▶ Aim of the exercise
In the records below, find the line with "step w (joins k name) = record" and the line with "ground (arith, key_eq_iff"; return exactly those lines and every line between them.

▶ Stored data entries
-- ===== src/Control/Chains.antt =====
-- The guards of crates/app/src/control.rs against the counters: who is attached, and who is counted.
-- A history is a list of events of the daemon: RPC calls, connections that come and go, the sweep of
-- the announce loop and the force-stop of the watchdog.
use mathlib.Core.Path.{subst}
use native.Mathlib.Nat.{add-zero}
use intelnav.Base.Table.{find}
use intelnav.Base.{
  ℕ, suc, ◌+◌, ◌-◌, ◌≤◌, ◌<◌, ◌≡◌, refl, false, Option, none, some, List, [], ◌∷◌, arith, String,
  ltb, Bool-cases, inl, inr, if◌then◌else◌, length,
}
use intelnav.Control.{
  stopped, SliceKey, SliceEntry, ControlState, ChainGuard, key_eq, key_eq_iff, one_less, u32_mod,
  new, upsert_announcing, begin_drain, accept_chain, guard_drop, drain_idle,
  force_stop_all_draining, is_status,
}
use intelnav.Control.Entries.{
  entry_of, entry-upsert, entry-begin_drain, accept-cases, entry-release, entry-drain_idle,
}

-- The control state, and the guards that live connections hold.
pub record System : Type 0 where
  pub control : ControlState
  pub guards : List SliceKey

pub data Event : Type 0 where
  joins : SliceKey → String → Event
  leaves : SliceKey → ℕ → Event
  connects hangs_up : SliceKey → Event
  sweeps forces : Event

unfoldable pub attached : SliceKey → List SliceKey → ℕ
attached k [] = 0
attached k (g ∷ gs) = if key_eq g k then suc (attached k gs) else attached k gs

unfoldable pub detach : SliceKey → List SliceKey → List SliceKey
detach k [] = []
detach k (g ∷ gs) = if key_eq g k then gs else g ∷ detach k gs

abbrev pub connected : System → Option (ControlState × ChainGuard) → System
connected w none = w
connected w (some (s, g)) = record { control = s; guards = g.key ∷ w.guards }

-- A connection that ends drops its guard, which takes one chain off its slice.
unfoldable pub step : System → Event → System
unfolding attached detach
step w (joins k name) = record w { control = upsert_announcing w.control k name }
step w (leaves k now) = record w { control = (begin_drain w.control k now).0 }
step w (connects k) = connected w (accept_chain w.control k)
step w (hangs_up k) =
    if ltb 0 (attached k w.guards)
    then record {
      control = guard_drop (record { key = k; released = false }) w.control;
      guards = detach k w.guards;
    }
    else w
step w sweeps = record w { control = (drain_idle w.control).0 }
step w forces = record w { control = (force_stop_all_draining w.control).0 }

unfoldable pub run : System → List Event → System
unfolding step
run w [] = w
run w (e ∷ es) = run (step w e) es

abbrev pub chains_of : Option SliceEntry → ℕ
chains_of none = 0
chains_of (some e) = e.active_chains

-- The counter of every slice.
abbrev pub counted : System → SliceKey → ℕ
counted w k = chains_of (entry_of w.control k)

attached-detach :
    (k j : SliceKey) (gs : List SliceKey)
    → attached j (detach k gs) ≡ (if key_eq k j then attached j gs - 1 else attached j gs)
unfolding attached detach
attached-detach k j [] = ground arith
attached-detach k j (g ∷ gs) =
    ground (arith, key_eq_iff k j, key_eq_iff g k, key_eq_iff g j, attached-detach k j gs)

attached-le : (k : SliceKey) (gs : List SliceKey) → attached k gs ≤ length gs
unfolding attached
attached-le k [] = omega arith
attached-le k (g ∷ gs) = ground (arith, attached-le k gs)

length-detach : (k : SliceKey) (gs : List SliceKey) → length (detach k gs) ≤ length gs
unfolding detach
length-detach k [] = omega arith
length-detach k (g ∷ gs) = ground (arith, length-detach k gs)

-- The chains that a stopped slice counts.
abbrev pub stopped_chains : Option SliceEntry → ℕ
stopped_chains none = 0
stopped_chains (some e) = if is_status e.state stopped then e.active_chains else 0

-- At most `n` guards, every slice's counter is the number of its guards, and a stopped slice has none.
pub record Accounts (n : ℕ) (w : System) : Type 0 where
  pub few : length w.guards ≤ n
  pub count : (k : SliceKey) → counted w k ≡ attached k w.guards
  pub quiet : (k : SliceKey) → stopped_chains (entry_of w.control k) ≡ 0

abbrev pub Forces : Event → Type 0
Forces forces = Unit
Forces _ = ⊥

abbrev pub NoForce : List Event → Type 0
NoForce [] = Unit
NoForce (e ∷ es) = (¬ Forces e) × NoForce es

joins-Accounts :
    (n : ℕ) (w : System) (k : SliceKey) (name : String)
    → Accounts n w
    → Accounts (suc n) (step w (joins k name))
unfolding step
joins-Accounts n w k name a = record {
  few = omega (arith, a.few);
  count = λ j. ground (arith, entry-upsert w.control k j name, key_eq_iff k j, a.count j);
  quiet =
      λ j. ground (arith, entry-upsert w.control k j name, key_eq_iff k j, a.quiet j, a.quiet k);
}

leaves-Accounts :
    (n : ℕ) (w : System) (k : SliceKey) (now : ℕ)
    → Accounts n w
    → Accounts (suc n) (step w (leaves k now))
unfolding step
leaves-Accounts n w k now a = record {
  few = omega (arith, a.few);
  count = λ j. ground (arith, entry-begin_drain w.control k j now, key_eq_iff k j, a.count j);
  quiet = λ j.
      ground (arith, entry-begin_drain w.control k j now, key_eq_iff k j, a.quiet j, a.quiet k);
}

sweeps-Accounts : (n : ℕ) (w : System) → Accounts n w → Accounts (suc n) (step w sweeps)
unfolding step
sweeps-Accounts n w a = record {
  few = omega (arith, a.few);
  count = λ j. ground (arith, entry-drain_idle w.control j, a.count j);
  quiet = λ j. ground (arith, entry-drain_idle w.control j, a.quiet j);
}

hangs_up-Accounts :
    (n : ℕ) (w : System) (k : SliceKey) → Accounts n w → Accounts (suc n) (step w (hangs_up k))
unfolding step guard_drop one_less
hangs_up-Accounts n w k a = elim (Bool-cases (ltb 0 (attached k w.guards))) [
  | inr none_left ↦
      rw none_left (record { few = omega (arith, a.few); count = a.count; quiet = a.quiet })
  | inl some_left ↦ rw some_left (record {
    few = omega (arith, a.few, length-detach k w.guards);
    count = λ j. ground (
      arith,
      entry-release w.control k j,
      key_eq_iff k j,
      a.count j,
      attached-detach k j w.guards,
    );
    quiet = λ j. ground (arith, entry-release w.control k j, key_eq_iff k j, a.quiet j, a.quiet k);
  })
]

connects-Accounts :
    (n : ℕ) (w : System) (k : SliceKey)
    → suc n < u32_mod
    → Accounts n w
    → Accounts (suc n) (step w (connects k))
unfolding step attached
connects-Accounts n w k small a = elim (accept-cases w.control k) [
  | inl refused ↦
      rw refused (record { few = omega (arith, a.few); count = a.count; quiet = a.quiet })
  | inr (e, t, found, open_, taken, after) ↦ rw taken (record {
    few = omega (arith, a.few);
    count = λ j.
        ground
          (arith, after j, key_eq_iff k j, a.count j, a.count k, a.few, attached-le k w.guards);
    quiet = λ j. ground (arith, after j, key_eq_iff k j, a.quiet j, a.quiet k);
  })
]

pub step-Accounts :
    (n : ℕ) (w : System) (e : Event)
    → suc n < u32_mod
    → ¬ Forces e
    → Accounts n w
    → Accounts (suc n) (step w e)
step-Accounts n w (joins k name) small calm a = joins-Accounts n w k name a
step-Accounts n w (leaves k now) small calm a = leaves-Accounts n w k now a
step-Accounts n w (connects k) small calm a = connects-Accounts n w k small a
step-Accounts n w (hangs_up k) small calm a = hangs_up-Accounts n w k a
step-Accounts n w sweeps small calm a = sweeps-Accounts n w a
step-Accounts n w forces small calm a = absurd (calm tt)

run-Accounts :
    (n : ℕ) (w : System) (es : List Event)
    → n + length es < u32_mod
    → NoForce es
    → Accounts n w
    → Accounts (n + length es) (run w es)
unfolding run
run-Accounts n w [] small calm a = rw add-zero a
run-Accounts n w (e ∷ es) small calm a =
    subst (λ m. Accounts m (run (step w e) es)) (omega arith)
      (run-Accounts (suc n) (step w e) es (omega arith) calm.1
        (step-Accounts n w e (omega arith) calm.0 a))

abbrev pub boot : String → ℕ → System
boot id now = record { control = new id now; guards = [] }

boot-Accounts : (id : String) (now : ℕ) → Accounts 0 (boot id now)
unfolding new attached find
boot-Accounts id now = record { few = omega arith; count = λ k. refl; quiet = λ k. refl }

-- In every history of fewer than 2^32 events without a force-stop, the counter of each slice is the
-- number of chains attached to it, and a stopped slice has no chain attached.
pub counters_exact :
    (id : String) (now : ℕ) (es : List Event) (k : SliceKey)
    → length es < u32_mod
    → NoForce es
    → (counted (run (boot id now) es) k ≡ attached k (run (boot id now) es).guards)
      × ((e : SliceEntry)
          → entry_of (run (boot id now) es).control k ≡ some e
          → e.state ≡ stopped
          → attached k (run (boot id now) es).guards ≡ 0)
counters_exact id now es k small calm =
    (a.count k, λ e found st. ground (arith, a.quiet k, a.count k))
  where
    a : Accounts (0 + length es) (run (boot id now) es)
    a = run-Accounts 0 (boot id now) es (omega arith) calm (boot-Accounts id now)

▶ Written answer
step w (joins k name) = record w { control = upsert_announcing w.control k name }
step w (leaves k now) = record w { control = (begin_drain w.control k now).0 }
step w (connects k) = connected w (accept_chain w.control k)
step w (hangs_up k) =
    if ltb 0 (attached k w.guards)
    then record {
      control = guard_drop (record { key = k; released = false }) w.control;
      guards = detach k w.guards;
    }
    else w
step w sweeps = record w { control = (drain_idle w.control).0 }
step w forces = record w { control = (force_stop_all_draining w.control).0 }

unfoldable pub run : System → List Event → System
unfolding step
run w [] = w
run w (e ∷ es) = run (step w e) es

abbrev pub chains_of : Option SliceEntry → ℕ
chains_of none = 0
chains_of (some e) = e.active_chains

-- The counter of every slice.
abbrev pub counted : System → SliceKey → ℕ
counted w k = chains_of (entry_of w.control k)

attached-detach :
    (k j : SliceKey) (gs : List SliceKey)
    → attached j (detach k gs) ≡ (if key_eq k j then attached j gs - 1 else attached j gs)
unfolding attached detach
attached-detach k j [] = ground arith
attached-detach k j (g ∷ gs) =
    ground (arith, key_eq_iff k j, key_eq_iff g k, key_eq_iff g j, attached-detach k j gs)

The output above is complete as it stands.